If the supposed Big Bad just falls over at the end of the fight and gasps 'your princess is in another castle' then that's a big letdown, yes.

But if, say, you've spent the first half of the game fighting your way to the palace of the evil overlord and slowly receiving hints that the evil overlord may not actually be the big bad, and after the fight and the resolution of misunderstandings your supposed enemy then becomes a hesitant ally or actually joins the party (so the time you spent developing this character isn't 'wasted')... This could be part of a really great game.

So the key points are
- not hugely building up the importance of a fake big bad who becomes completely irrelevant as soon as you meet him
- not then wanting you to switch your anger to a 'fuzzy' true big bad you haven't heard anything about until that point

Hal said...

Well, I said I would stay away from spoilers, but we can go ahead and talk about them here. Many Final Fantasy games hve done this in some way.

FFIV - You're chasing Golbez the entire game. Oooh, he's such a bad, bad man. Suddenly . . . not so much. What? He was just being controlled by the real bad guy? Oh, that snake . . . what's his name again?

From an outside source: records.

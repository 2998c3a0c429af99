-- ===== src/Explain/Frame.antt =====
-- The stream of a frame: `resolveFrameNumber`, `frameOutOfRangeError` and `parsePort` of
-- internal/pcap/explain.go.
pub mod Laws
use cute_pcap_mcp.Base.{ℕ, not, List, [], ◌∷◌, ◌++◌, Option, none, some, if◌then◌else◌, get_elem?}
use mathlib.Core.Option.{none, some}
use cute_pcap_mcp.Base.Text.{Bytes, codes, trim_space, is_empty}
use cute_pcap_mcp.Base.Text.Atoi.{atoi, print_int}
use cute_pcap_mcp.Base.Text.Lines.{split}
use cute_pcap_mcp.Base.Int.{ℤ, pos, lt_ℤ}
use cute_pcap_mcp.Errors.{
  Err, Result, ok, failed, wrapped, err_frame_out_of_range, err_frame_not_on_stream,
}
use cute_pcap_mcp.Artifact.{ArtifactInfo, print_path}
use cute_pcap_mcp.Command.{Call, Process, run_command}
use cute_pcap_mcp.Capinfos.{count_packets}
use cute_pcap_mcp.Explain.{FiveTuple}

abbrev port_or : Option ℤ → ℤ
port_or none = pos 0
port_or (some n) = n

unfoldable pub parse_port : Bytes → ℤ
unfolding atoi
parse_port s = port_or (atoi s)

-- A row of the nine columns that tshark is asked for, without white space around them.
pub record Frame : Type 0 where
  pub tcp_stream : Bytes
  pub udp_stream : Bytes
  pub src_ip : Bytes
  pub dst_ip : Bytes
  pub tcp_src_port : Bytes
  pub tcp_dst_port : Bytes
  pub udp_src_port : Bytes
  pub udp_dst_port : Bytes
  pub protocol : Bytes

-- A column of a row that may be short.
unfoldable pub column : List Bytes → ℕ → Bytes
unfolding trim_space
column cols i = elim (get_elem? cols i) [ none ↦ [] | some c ↦ trim_space c ]

unfoldable pub frame_of : List Bytes → Frame
unfolding column
frame_of cols = record {
  tcp_stream = column cols 0;
  udp_stream = column cols 1;
  src_ip = column cols 2;
  dst_ip = column cols 3;
  tcp_src_port = column cols 4;
  tcp_dst_port = column cols 5;
  udp_src_port = column cols 6;
  udp_dst_port = column cols 7;
  protocol = column cols 8;
}

-- The stream of a frame: its number, its protocol and its five-tuple.
pub record Stream : Type 0 where
  pub id : Bytes
  pub protocol : Bytes
  pub five_tuple : FiveTuple

abbrev pub tuple_of : Frame → Bytes → Bytes → Bytes → FiveTuple
tuple_of f src dst protocol = record {
  source_ip = f.src_ip;
  source_port = parse_port src;
  dest_ip = f.dst_ip;
  dest_port = parse_port dst;
  protocol = protocol;
}

abbrev pub tcp_stream_of : Frame → Stream
tcp_stream_of f = record {
  id = f.tcp_stream;
  protocol = codes "tcp";
  five_tuple = tuple_of f f.tcp_src_port f.tcp_dst_port (codes "tcp");
}

abbrev pub udp_stream_of : Frame → Stream
udp_stream_of f = record {
  id = f.udp_stream;
  protocol = codes "udp";
  five_tuple = tuple_of f f.udp_src_port f.udp_dst_port (codes "udp");
}

abbrev pub not_on_stream : ℤ → Frame → Err
not_on_stream frame f = wrapped err_frame_not_on_stream (
    codes "frame "
    ++ print_int frame
    ++ codes " is on protocol "
    ++ (if is_empty f.protocol then codes "non-IP" else f.protocol)
    ++ codes "; only tcp/udp streams are supported")

unfoldable pub resolve_frame : ℤ → Frame → Result Stream
unfolding parse_port print_int
resolve_frame frame f =
    if not (is_empty f.tcp_stream)
    then ok (tcp_stream_of f)
    else if not (is_empty f.udp_stream)
    then ok (udp_stream_of f)
    else failed (not_on_stream frame f)

-- The lines without the empty ones at the end.
unfoldable pub drop_blank_end : List Bytes → List Bytes
drop_blank_end [] = []
drop_blank_end (l ∷ ls) = elim (drop_blank_end ls) [
  | [] ↦ if is_empty l then [] else l ∷ []
  | m ∷ ms ↦ l ∷ m ∷ ms
]

abbrev row_names : List Bytes
row_names =
    codes "tcp.stream"
    ∷ codes "udp.stream"
    ∷ codes "ip.src"
    ∷ codes "ip.dst"
    ∷ codes "tcp.srcport"
    ∷ codes "tcp.dstport"
    ∷ codes "udp.srcport"
    ∷ codes "udp.dstport"
    ∷ codes "_ws.col.Protocol"
    ∷ []

abbrev each_field : List Bytes → List Bytes
each_field [] = []
each_field (n ∷ ns) = codes "-e" ∷ n ∷ each_field ns

module _ (program : Call → Option Process) (timeout : Bytes) (to_int : Bytes → Option ℤ) where
  abbrev pub frame_call : ArtifactInfo → ℤ → Call
  frame_call source frame = record {
    name = codes "tshark";
    args =
        codes "-n"
        ∷ codes "-r"
        ∷ print_path source.path
        ∷ codes "-Y"
        ∷ (codes "frame.number == " ++ print_int frame)
        ∷ codes "-T"
        ∷ codes "fields"
        ∷ codes "-E"
        ∷ codes "header=n"
        ∷ codes "-E"
        ∷ codes "separator=/t"
        ∷ codes "-E"
        ∷ codes "occurrence=f"
        ∷ each_field row_names;
    env = [];
  }

  -- `frameOutOfRangeError`
  unfoldable pub frame_out_of_range_error : ArtifactInfo → ℤ → Err
  unfolding count_packets print_path print_int
  frame_out_of_range_error source frame =
      let max_frame = count_packets tt (λ s. tt) to_int program timeout (print_path source.path) in
      wrapped err_frame_out_of_range (
        if lt_ℤ (pos 0) max_frame
        then codes "frame "
          ++ print_int frame
          ++ codes " is past the end of the capture (pcap has frames 1.."
          ++ print_int max_frame
          ++ codes ")"
        else codes "frame " ++ print_int frame ++ codes " does not exist in the capture")

  unfoldable pub resolve_rows : ArtifactInfo → ℤ → List Bytes → Result Stream
  unfolding frame_out_of_range_error resolve_frame frame_of split
  resolve_rows source frame [] = failed (frame_out_of_range_error source frame)
  resolve_rows source frame (l ∷ ls) = resolve_frame frame (frame_of (split l (9 ∷ [])))

  abbrev pub resolve_run : ArtifactInfo → ℤ → Bytes → Option Err → Result Stream
  resolve_run source frame stdout (some e) = failed e
  resolve_run source frame stdout none =
      resolve_rows source frame (drop_blank_end (split stdout (b'\n' ∷ [])))

  -- `resolveFrameNumber`
  unfoldable pub resolve_frame_number : ArtifactInfo → ℤ → Result Stream
  unfolding run_command resolve_rows drop_blank_end split print_path print_int
  resolve_frame_number source frame =
      let r = run_command program timeout (pos 65536) (frame_call source frame) in
      resolve_run source frame r.output.stdout r.error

FFVIII - You're chasing some witch/queen. I can't even remember her name anymore, it's been so long. Suddenly, she JOINS the party. Why? Well, it turns out she was being controlled by some all-powerful witch/queen from another dimension. Fabulous. There's a reason I never finished this game.

FFIX - You've spent the game chasing after Kuja, who you know to be a terrible, terrible villain, seeking only power. You find him and you defeat him. And you get the awesome ending . . . wait, no ending yet? Oh, an even more powerful villain is coming out . . . the crystal? Where'd you come from? Why are you fighting me again?

Sorry. I can't stand that. It takes away all the satisfaction of having actually accomplished your goal when you find out your princess is in another castle.

Whiner said...

I haven't actually played any Final Fantasy games (shock? I'm not really into console-style) so I can't comment on the specific examples, but it sounds like they waited until too late in the story to switch directions and/or didn't bother making the 'real' big bad interesting.

Also, 'I was being mind controlled' is a boring reversal.

I was thinking more along the lines of Farscape. There are characters who start out as Big Bads and they don't turn out to be secretly mind-controlled.... but you end up allying with them because you discover there's something WORSE out there and you need their HELP.

I also had a vague plan for an RPG once that would involve you supposedly on a quest to overthrow a wicked ruler... but in the process of the quest you'd slowly find out the wicked ruler wasn't actually so wicked (and possibly even that the knight in your party WAS the 'wicked' ruler).